APIC – Interview
« Les aventuriers de la Paix »
Jean-Claude Noyé, APIC
Paris, 13 mai 1998 (APIC) Le 21 mai, fête de l’Ascension, des jeunes de 16 à 22 ans du diocèse de Dijon et des diocèses environnants se rassembleront à Cîteaux pour découvrir la vie monastique, réfléchir et prier ensemble.
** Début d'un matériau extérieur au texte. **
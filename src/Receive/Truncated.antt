-- ===== src/Receive/Truncated.antt =====
-- Transfers that lose too much, and end all the same.
use hairgap.Wirehair.{Wirehair, feed, feed-ready, feed-more, Recovers}
use hairgap.Code.{to_int, success}
use hairgap.Proto.{Pkt, begin, end, pkt_type, max_chunk_size}
use hairgap.Encoding.Decode.{t_started, t_data, Decoder, decoder_new, decoder_read}
use hairgap.Encoding.Packet.{Piece, Parcel, wire, wire_size, IsParcel}
use hairgap.Encoding.Reading.{Running, decoder_read-wire, decoder_read-noise, decoder_read-begin}
use hairgap.Encoding.Delivery.{block_of, IsReady, IsCollecting, large_first, large_refused, collect}
use hairgap.Receive.Decloop.{Thread, Turn, round, loop}
use hairgap.Receive.Events.{Event, piece, noise, arrival, turns_of, blocks_of, IsEventOf}
use hairgap.Receive.Stream.{pair-cases, loop-goes_on, loop-same, read_piece}
use hairgap.Receive.Transfer.{
  Delivery, IsDelivery, all_turns, messages, Renumbered, last_num, loop-deliveries, loop-end,
}
use hairgap.Prelude.{
  length, All, negsuc, ret, ℕ, ◌^◌, ◌≤◌, ◌<◌, ◌≡◌, refl, sym, ◌∙◌, ◌≢◌, inl, inr, false, Option,
  none, some, List, [], ◌∷◌, ◌++◌,
}

-- A large chunk of which too little arrives: a wirehair decoder never reports itself ready.
pub record IsUnfinished (w : Wirehair) (c : Parcel) (es : List Event) : Type 0 where
  pub parcel : IsParcel c
  pub bounded : length c.message ≤ max_chunk_size
  pub big : c.pay < length c.message
  pub enc : Option w.State
  pub pieces : All (IsEventOf w enc c) es
  pub starved :
      (reuse : Option w.State)
      → (s : w.State) × (w.decode reuse (length c.message) c.pay ≡ some s)
        × (feed w s (blocks_of es) ≡ none)

module _ (w : Wirehair) (junk : Pkt) (malloc : ℕ → List ℕ)
    (alloc : (n : ℕ) → length (malloc n) ≡ n) where
  open w use {State, read}

  module _ (c : Parcel) (enc : Option State) (v : IsParcel c)
      (bounded : length c.message ≤ max_chunk_size) (big : c.pay < length c.message) where
    loop-starved :
        (dec : Decoder State) (d : State) (es : List Event) (sent : List (List ℕ)) (ts : List Turn)
        → IsCollecting w c d dec
        → All (IsEventOf w enc c) es
        → feed w d (blocks_of es) ≡ none
        → (dec' : Decoder State) × (loop w junk malloc dec sent (turns_of c es ++ ts)
            ≡ loop w junk malloc dec' sent ts)
          × (dec'.phase ≡ t_data)
    loop-starved dec d [] sent ts k h f = (dec, refl, k.phase)
    loop-starved dec d (noise raw size ∷ es) sent ts k h f =
        let (dec', eq, ph) = loop-starved dec d es sent ts k h.1 f in
        (
          dec',
          loop-goes_on w junk malloc dec dec raw size sent (turns_of c es ++ ts)
                (decoder_read-noise w junk dec raw size (inr k.phase) h.0.0 h.0.1)
              ∙ eq,
          ph,
        )
    loop-starved dec d (piece p ∷ es) sent ts k h f = elim (pair-cases (read d p.id p.body)) [
      | inl (s, e) ↦ cc (feed-ready w d s (block_of p) (blocks_of es) e, f)
      | inr (s, e) ↦
          let (dec1, eq, kept) = collect w v bounded k h.0 big e in
          let (dec', eq', ph) =
            loop-starved dec1 s es sent ts kept h.1
              (sym (feed-more w d s (block_of p) (blocks_of es) e) ∙ f) in
          (
            dec',
            loop-goes_on w junk malloc dec dec1 (wire c p) (wire_size c) sent (turns_of c es ++ ts)
                  (read_piece w junk malloc c enc v bounded alloc dec p h.0 k.phase ∙ eq)
                ∙ eq',
            ph,
          )
    ]

    loop-unfinished :
        (dec : Decoder State) (es : List Event) (sent : List (List ℕ)) (ts : List Turn)
        → IsReady w c dec
        → Running dec.phase
        → All (IsEventOf w enc c) es
        → ((reuse : Option State)
            → (s : State) × (w.decode reuse (length c.message) c.pay ≡ some s)
              × (feed w s (blocks_of es) ≡ none))
        → (dec' : Decoder State) × (loop w junk malloc dec sent (turns_of c es ++ ts)
            ≡ loop w junk malloc dec' sent ts)
          × Running dec'.phase
    loop-unfinished dec [] sent ts r ph h s = (dec, refl, ph)
    loop-unfinished dec (noise raw size ∷ es) sent ts r ph h s =
        let (dec', eq, ph') = loop-unfinished dec es sent ts r ph h.1 s in
        (
          dec',
          loop-goes_on w junk malloc dec dec raw size sent (turns_of c es ++ ts)
                (decoder_read-noise w junk dec raw size ph h.0.0 h.0.1)
              ∙ eq,
          ph',
        )
    loop-unfinished dec (piece p ∷ es) sent ts r ph h s =
        let dec1 : Decoder State = record dec { phase = t_data } in
        let (d, made, fed) = s dec.chunk.wh_state in
        let (dec2, eq, kept) =
          large_first w v bounded {dec = dec1} (record { complete = r.complete; other = r.other })
            h.0 refl big made in
        let (dec', eq', ph') = loop-starved dec2 d (piece p ∷ es) sent ts kept h fed in
        (
          dec',
          loop-same w junk malloc dec dec2 (wire c p) (wire_size c) sent (turns_of c es ++ ts) (
                decoder_read-wire w junk dec c p v h.0.id_fits ph
                ∙ eq
                ∙ sym (read_piece w junk malloc c enc v bounded alloc dec2 p h.0 kept.phase))
              ∙ eq',
          inr ph',
        )

  -- The decoder thread behind the beacon, the chunks of which enough arrived, and the packets of one of
  -- which too few did.
  pub loop-truncated :
      Recovers w
      → (ds : List Delivery) (c : Parcel) (es : List Event) (beacon : List ℕ) (beacon_size : ℕ)
        (ts : List Turn)
      → pkt_type beacon beacon_size ≡ begin
      → Renumbered 0xffffffffffffffff ds
      → last_num 0xffffffffffffffff ds ≢ c.num
      → All (IsDelivery w) ds
      → IsUnfinished w c es
      → (dec : Decoder State) × (loop w junk malloc decoder_new []
            (arrival beacon beacon_size ∷ (all_turns ds ++ (turns_of c es ++ ts)))
          ≡ loop w junk malloc dec (messages ds) ts)
        × Running dec.phase
  loop-truncated law ds c es beacon bs ts hb r new h u =
      let dec0 : Decoder State = record decoder_new { phase = t_started } in
      let (dec1, eq, b) =
        loop-deliveries w junk malloc law alloc dec0 0xffffffffffffffff ds [] (turns_of c es ++ ts)
          (record { running = inl refl; complete = refl; last = refl }) r h in
      let (dec2, eq', ph) =
        loop-unfinished c u.enc u.parcel u.bounded u.big dec1 es (messages ds) ts
          (record { complete = b.complete; other = λ e. new (sym b.last ∙ e) }) b.running u.pieces
          u.starved in
      (
        dec2,
        loop-goes_on w junk malloc decoder_new dec0 beacon bs []
              (all_turns ds ++ (turns_of c es ++ ts))
              (decoder_read-begin w junk decoder_new beacon bs refl hb)
            ∙ eq
            ∙ eq',
        ph,
      )

  -- After the beacon and enough packets of every chunk before it, a last chunk that is too large
  -- for one packet, and of which too few blocks arrive for a wirehair decoder to be ready, is left
  -- out without notice when the end arrives: the chunks before it are handed over and the thread
  -- reports success. The chunks are numbered so that each has another number than the one before,
  -- and wirehair recovers what it encoded.
  pub truncated_unreported :
      Recovers w
      → (ds : List Delivery) (c : Parcel) (es : List Event) (beacon final : List ℕ)
        (beacon_size final_size : ℕ)
      → pkt_type beacon beacon_size ≡ begin
      → pkt_type final final_size ≡ end
      → Renumbered 0xffffffffffffffff ds
      → last_num 0xffffffffffffffff ds ≢ c.num
      → All (IsDelivery w) ds
      → IsUnfinished w c es
      → (t : Thread State) × (loop w junk malloc decoder_new [] (
            arrival beacon beacon_size
            ∷ (all_turns ds ++ (turns_of c es ++ (arrival final final_size ∷ []))))
          ≡ ret t)
        × (t.output ≡ messages ds)
        × (t.ended ≡ some (to_int success, false))
  truncated_unreported law ds c es beacon final bs fs hb hf r new h u =
      let (dec, eq, ph) =
        loop-truncated law ds c es beacon bs (arrival final fs ∷ []) hb r new h u in
      (_, eq ∙ loop-end w junk malloc law alloc dec final fs (messages ds) [] ph hf, refl, refl)

  loop-refused :
      (dec dec' : Decoder State) (raw : List ℕ) (size : ℕ) (sent : List (List ℕ)) (ts : List Turn)
      → decoder_read w junk dec raw size ≡ ret (dec', negsuc 0)
      → loop w junk malloc dec sent (arrival raw size ∷ ts)
        ≡ ret (record { dec = dec'; output = sent; ended = some (to_int success, false) })
  unfolding loop round
  loop-refused dec dec' raw size sent ts e = rw e refl

  -- When a running decoder between two chunks receives a packet of a new chunk that does not fit
  -- one packet and is not larger than HGAP_MAX_CHUNK_SIZE, and wirehair refuses to make a decoder
  -- for it, the thread takes that for the end of the transfer: it stops, whatever is still to come,
  -- and reports success.
  pub refused_unreported :
      (c : Parcel) (p : Piece) (dec : Decoder State) (sent : List (List ℕ)) (ts : List Turn)
      → IsParcel c
      → p.id < 2 ^ 32
      → length c.message ≤ max_chunk_size
      → c.pay < length c.message
      → IsReady w c dec
      → Running dec.phase
      → w.decode dec.chunk.wh_state (length c.message) c.pay ≡ none
      → (t : Thread State) × (loop w junk malloc dec sent (arrival (wire c p) (wire_size c) ∷ ts)
          ≡ ret t)
        × (t.output ≡ sent)
        × (t.ended ≡ some (to_int success, false))
  refused_unreported c p dec sent ts v id_fits bounded big r ph e =
      let dec1 : Decoder State = record dec { phase = t_data } in
      let (dec', eq) =
        large_refused w {c = c} {dec = dec1} p v bounded
          (record { complete = r.complete; other = r.other }) big e in
      (
        _,
        loop-refused dec dec' (wire c p) (wire_size c) sent ts
            (decoder_read-wire w junk dec c p v id_fits ph ∙ eq),
        refl,
        refl,
      )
Le rassemblement intitulé « Les aventuriers de la Paix » s’inscrit dans le cadre du 900e anniversaire de l’ordre cistercien. Le maître des novices de l’abbaye de Cîteaux, Frère Joël, explique comment le monachisme interpelle notre société et quel est son avenir en France.
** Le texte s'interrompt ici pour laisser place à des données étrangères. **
-- ===== src/Programs/Interrupted.antt =====
-- Transfers of which too little arrives, as `hgap_receive` ends on them.
use hairgap.Wirehair.{Wirehair, Recovers}
use hairgap.Code.{to_int, success, err_timeout}
use hairgap.Config.{Config, check_config_receiver}
use hairgap.Proto.{Pkt, begin, pkt_type}
use hairgap.Proto.Parse.{pkt_type-header_bytes}
use hairgap.Encoding.Decode.{decoder_new}
use hairgap.Encoding.Delivery.{IsPieceOf}
use hairgap.Encoding.Packet.{Piece, Parcel, IsParcel, wire, wire_size, header_of, header_of-InRange}
use hairgap.Receive.Decloop.{Turn, loop}
use hairgap.Receive.Events.{Event, piece, noise, arrival, turns_of, IsEventOf}
use hairgap.Session.{mtu}
use hairgap.Receive.Forwarding.{Fits, Arrived, IsEnd, intake, intakes, silence, slots_of, any_begin}
use hairgap.Receive.Network.{Intake, slot_of}
use hairgap.Receive.Output.{write_loop-whole}
use hairgap.Receive.Reader.{net_reader-fitted, net_reader-silence-fitted}
use hairgap.Receive.Socket.{NetReader, timeout_of}
use hairgap.Receive.Transfer.{Delivery, IsDelivery, all_turns, messages, Renumbered, last_num}
use hairgap.Receive.Truncated.{IsUnfinished, loop-truncated, truncated_unreported}
use hairgap.Receive.Writer.{write_loop}
use hairgap.Receive.Output.{whole}
use hairgap.Socket.{inaddr_none}
use hairgap.Programs.Receiver.{
  slot_turn, slot_turns, slot_turns-append, poison_slot, loop-ended, loop-poison,
}
use hairgap.Programs.Received.{Received, received_by}
use hairgap.Prelude.{
  append-nil, sym, if◌then◌else◌, concat, length, All, All-append, ℕ, ◌≡◌, refl, ap, ◌∙◌, ◌≢◌, Bool,
  true, false, Option, none, some, List, [], ◌∷◌, ◌++◌, append_assoc, arith,
}

-- The packets of a chunk and of deliveries, as they lie in the slots.
abbrev pub landed_events : Parcel → List Event → List Arrived
landed_events c [] = []
landed_events c (piece p ∷ es) = record { raw = wire c p; size = wire_size c } ∷ landed_events c es
landed_events c (noise raw size ∷ es) = record { raw = raw; size = size } ∷ landed_events c es

abbrev pub landed_all : List Delivery → List Arrived
landed_all [] = []
landed_all (d ∷ ds) = landed_events d.parcel d.events ++ landed_all ds

event_turns :
    (c : Parcel) (es : List Event) (more : List Arrived)
    → slot_turns (slots_of (landed_events c es ++ more))
      ≡ turns_of c es ++ slot_turns (slots_of more)
event_turns c [] more = refl
event_turns c (piece p ∷ es) more =
    ap (λ ts. arrival (wire c p) (wire_size c) ∷ ts) (event_turns c es more)
event_turns c (noise raw size ∷ es) more = ap (λ ts. arrival raw size ∷ ts) (event_turns c es more)

delivery_turns :
    (ds : List Delivery) (more : List Arrived)
    → slot_turns (slots_of (landed_all ds ++ more)) ≡ all_turns ds ++ slot_turns (slots_of more)
delivery_turns [] more = refl
delivery_turns (d ∷ ds) more =
    let c = d.parcel in
    ap (λ xs. slot_turns (slots_of xs))
      (append_assoc (landed_events c d.events) (landed_all ds) more)
    ∙ event_turns c d.events (landed_all ds ++ more)
    ∙ ap (λ ts. turns_of c d.events ++ ts) (delivery_turns ds more)
    ∙ sym (append_assoc (turns_of c d.events) (all_turns ds) (slot_turns (slots_of more)))

module _ (w : Wirehair) where
  open w use {State}

  piece_goes_on :
      (enc : Option State) (c : Parcel) (p : Piece)
      → IsParcel c
      → IsPieceOf w enc c p
      → ¬ IsEnd (record { raw = wire c p; size = wire_size c })
  unfolding wire
  piece_goes_on enc c p v i e =
      let is_data =
        (pkt_type-header_bytes (header_of c p.id) (p.body ++ p.stale) (wire_size c)
            (header_of-InRange v i.id_fits) (omega arith)).0.1
          v.unreserved in
      cc (is_data, e)

  events_go_on :
      (enc : Option State) (c : Parcel) (es : List Event)
      → IsParcel c
      → All (IsEventOf w enc c) es
      → All (λ a. ¬ IsEnd a) (landed_events c es)
  events_go_on enc c [] v h = tt
  events_go_on enc c (piece p ∷ es) v h = (piece_goes_on enc c p v h.0, events_go_on enc c es v h.1)
  events_go_on enc c (noise raw size ∷ es) v h = (h.0.1, events_go_on enc c es v h.1)

  deliveries_go_on :
      (ds : List Delivery) → All (IsDelivery w) ds → All (λ a. ¬ IsEnd a) (landed_all ds)
  deliveries_go_on [] h = tt
  deliveries_go_on (d ∷ ds) h =
      All-append (λ a. ¬ IsEnd a) (landed_events d.parcel d.events) (landed_all ds)
        (events_go_on h.0.enc d.parcel d.events h.0.parcel h.0.pieces) (deliveries_go_on ds h.1)

  module _ (junk : Pkt) (malloc : ℕ → List ℕ) (alloc : (n : ℕ) → length (malloc n) ≡ n)
      (law : Recovers w) {Addr D : Type 0} (resolves : Addr → Bool) (c : Config Addr D)
      (ok : check_config_receiver resolves c ≡ success) (fd address : ℕ)
      (usable : address ≢ inaddr_none) (ds : List Delivery) (last : Parcel) (es : List Event)
      (beacon : Arrived) (begins : pkt_type beacon.raw beacon.size ≡ begin)
      (renumbered : Renumbered 0xffffffffffffffff ds)
      (fresh : last_num 0xffffffffffffffff ds ≢ last.num) (genuine : All (IsDelivery w) ds)
      (unfinished : IsUnfinished w last es) where
    -- All that arrives in front of the interruption.
    abbrev pub arrived : List Arrived
    arrived = beacon ∷ (landed_all ds ++ landed_events last es)

    arrived_turns :
        (more : List Turn)
        → slot_turns (slots_of arrived) ++ more
          ≡ arrival beacon.raw beacon.size ∷ (all_turns ds ++ (turns_of last es ++ more))
    arrived_turns more =
        let events : slot_turns (slots_of (landed_events last es)) ≡ turns_of last es =
          ap (λ xs. slot_turns (slots_of xs)) (sym (append-nil (landed_events last es)))
          ∙ event_turns last es []
          ∙ append-nil (turns_of last es) in
        ap (λ ts. arrival beacon.raw beacon.size ∷ (ts ++ more))
          (delivery_turns ds (landed_events last es) ∙ ap (λ ts. all_turns ds ++ ts) events)
        ∙ ap (λ ts. arrival beacon.raw beacon.size ∷ ts)
            (append_assoc (all_turns ds) (turns_of last es) more)

    arrived_goes_on : All (λ a. ¬ IsEnd a) arrived
    arrived_goes_on = (
      (λ e. cc (begins, e)),
      All-append (λ a. ¬ IsEnd a) (landed_all ds) (landed_events last es)
          (deliveries_go_on ds genuine)
          (events_go_on unfinished.enc last es unfinished.parcel unfinished.pieces),
    )

    -- On channels that accept everything, an output that takes every chunk whole, a configuration
    -- that the receiver accepts and a socket that can be used: when no packet is larger than the
    -- receiver's packet size, and the packet that begins a transfer arrives, enough packets of
    -- some chunks, numbered so that neighbours differ, and of one more large chunk too few for a
    -- wirehair decoder to be ready, and then nothing until the timeout, the threads of
    -- `hgap_receive` end, what they wrote is the chunks of which enough arrived, and
    -- `hgap_receive` returns HGAP_ERR_TIMEOUT. Wirehair recovers what it encoded.
    pub hgap_receive_interrupted :
        All (Fits (mtu c)) arrived
        → (later : List Intake)
        → Received w junk malloc resolves c fd address
            (intakes arrived ++ (silence ∷ later))
            (concat (messages ds))
            (to_int err_timeout)
    hgap_receive_interrupted fit later =
        let net : NetReader = record {
          slots = slots_of arrived;
          closed = fd ∷ [];
          timeout = if any_begin arrived then some (timeout_of c.timeout) else none;
          poisoned = true;
          result = some (to_int err_timeout);
        } in
        let poison = slot_turn poison_slot ∷ [] in
        let (dec, eq, ph) =
          loop-truncated w junk malloc alloc law ds last es beacon.raw beacon.size poison begins
            renumbered fresh genuine unfinished in
        received_by w junk malloc resolves c fd address (intakes arrived ++ (silence ∷ later))
          (concat (messages ds)) (to_int err_timeout) net
          (record { dec = dec; output = messages ds; ended = some (to_int success, false) }) ok
          (net_reader-silence-fitted fd address (mtu c) c.timeout arrived later usable fit
            arrived_goes_on)
          refl refl
          (ap (loop w junk malloc decoder_new []) (arrived_turns poison)
            ∙ eq
            ∙ loop-poison w junk malloc dec (messages ds))
          refl (write_loop-whole [] (messages ds))

    -- On channels that accept everything, an output that takes every chunk whole, a configuration
    -- that the receiver accepts and a socket that can be used: when no packet is larger than the
    -- receiver's packet size, and the packet that begins a transfer arrives, enough packets of
    -- some chunks, numbered so that neighbours differ, of one more large chunk too few for a
    -- wirehair decoder to be ready, and then the packet that ends the transfer, the threads of
    -- `hgap_receive` end, the last chunk is missing from what they wrote, and `hgap_receive`
    -- returns success. Wirehair recovers what it encoded.
    pub hgap_receive_truncated :
        All (Fits (mtu c)) arrived
        → (final : Arrived) (later : List Intake) → Fits (mtu c) final
        → IsEnd final
        → Received w junk malloc resolves c fd address
            (intakes arrived ++ (intake final ∷ later))
            (concat (messages ds))
            (to_int success)
    hgap_receive_truncated fit final later fit_last over =
        let slots = slots_of arrived ++ (slot_of final.raw final.size ∷ []) in
        let net : NetReader = record {
          slots = slots;
          closed = fd ∷ [];
          timeout = if any_begin arrived then some (timeout_of c.timeout) else none;
          poisoned = true;
          result = some (to_int success);
        } in
        let stop = arrival final.raw final.size ∷ [] in
        let (t, eq, out, ended) =
          truncated_unreported w junk malloc alloc law ds last es beacon.raw final.raw beacon.size
            final.size begins over renumbered fresh genuine unfinished in
        let run =
          ap (loop w junk malloc decoder_new []) (
            slot_turns-append (slots_of arrived) (slot_of final.raw final.size ∷ [])
            ∙ arrived_turns stop)
          ∙ eq in
        received_by w junk malloc resolves c fd address (intakes arrived ++ (intake final ∷ later))
          (concat (messages ds)) (to_int success) net t ok
          (net_reader-fitted fd address (mtu c) c.timeout arrived final later usable fit fit_last
            arrived_goes_on over)
          refl refl
          (loop-ended w junk malloc decoder_new [] (slot_turns slots) (slot_turn poison_slot ∷ [])
            run ended)
          ended (ap (λ xs. write_loop [] (whole xs)) out ∙ write_loop-whole [] (messages ds))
APIC: En quoi la vie cistercienne peut-elle éclairer aujourd’hui nos contemporains?
Frère Joël: Elle est interpellante en ce qu’elle propose un autre modèle de vie: un autre rapport à l’argent, nous ne possédons rien; au temps, le nôtre est rythmé par la prière et le travail; au groupe et au partage, la vie communautaire est une dimension capitale de notre vie. C’est une vie consacrée à Dieu avec ce que cela suppose de gratuité, voire d’inutilité.
Les moines se donnent néanmoins les moyens économiques de poursuivre ce but, ils sont en prise avec la réalité. Mais ils ne veulent pas être entraînés dans une seule logique de productivité. En ce monde marqué par l’impératif de rentabilité, voilà qui bouscule. Dans les lieux d’accueil que sont les monastères, les gens, croyants ou non, trouvent une écoute qu’ils n’ont pas, ou guère, ailleurs. Ils ont la possibilité de prendre du recul par rapport à un rythme de vie qui ne les satisfait plus.
Les gens reçoivent également un accueil liturgique par le biais de la messe dominicale et des offices quotidiens auxquels assistent chez nous, outre les retraitants, beaucoup de touristes de passage. Fréquentation que la médiatisation de l’année Cîteaux a accentuée.
APIC: Des communautés vieillissantes, dont les effectifs ont beaucoup diminué depuis l’après-guerre, ont peu, voire pas de novices ou de postulants. Les perspectives d’avenir du monachisme cistercien en France ne sont pas réjouissantes!
Fr. J: Il faut nuancer. Les cas de figures sont variables. Des communautés comme Tamié, la Trappe de Soligny, le Mont-des-Cats, Sept-Fons, Chambarand pour les moniales, ont des noviciats assez fournis. L’histoire des communautés monastiques est marquée par des déclins suivis de rénovations inattendues.
La sociologie n’explique pas tout. Fondamentalement c’est Dieu qui appelle à cette vie. Voyez l’abbaye de Lérins. Elle fut, il n’y a pas si longtemps, sur le point de fermer. Aujourd’hui elle compte une trentaine de moines dont six novices. Ici même, à Cîteaux, il y a un profès temporaire et un postulant. C’est de fait, un recrutement au compte-gouttes. Mais nous n’excluons pas un redémarrage. Le problème est plus aigu quand un jeune se trouve isolé au milieu d’une communauté. Quand il y en a deux ou trois, c’est plus facile.
APIC: Quelles réponses apportez-vous à cette situation?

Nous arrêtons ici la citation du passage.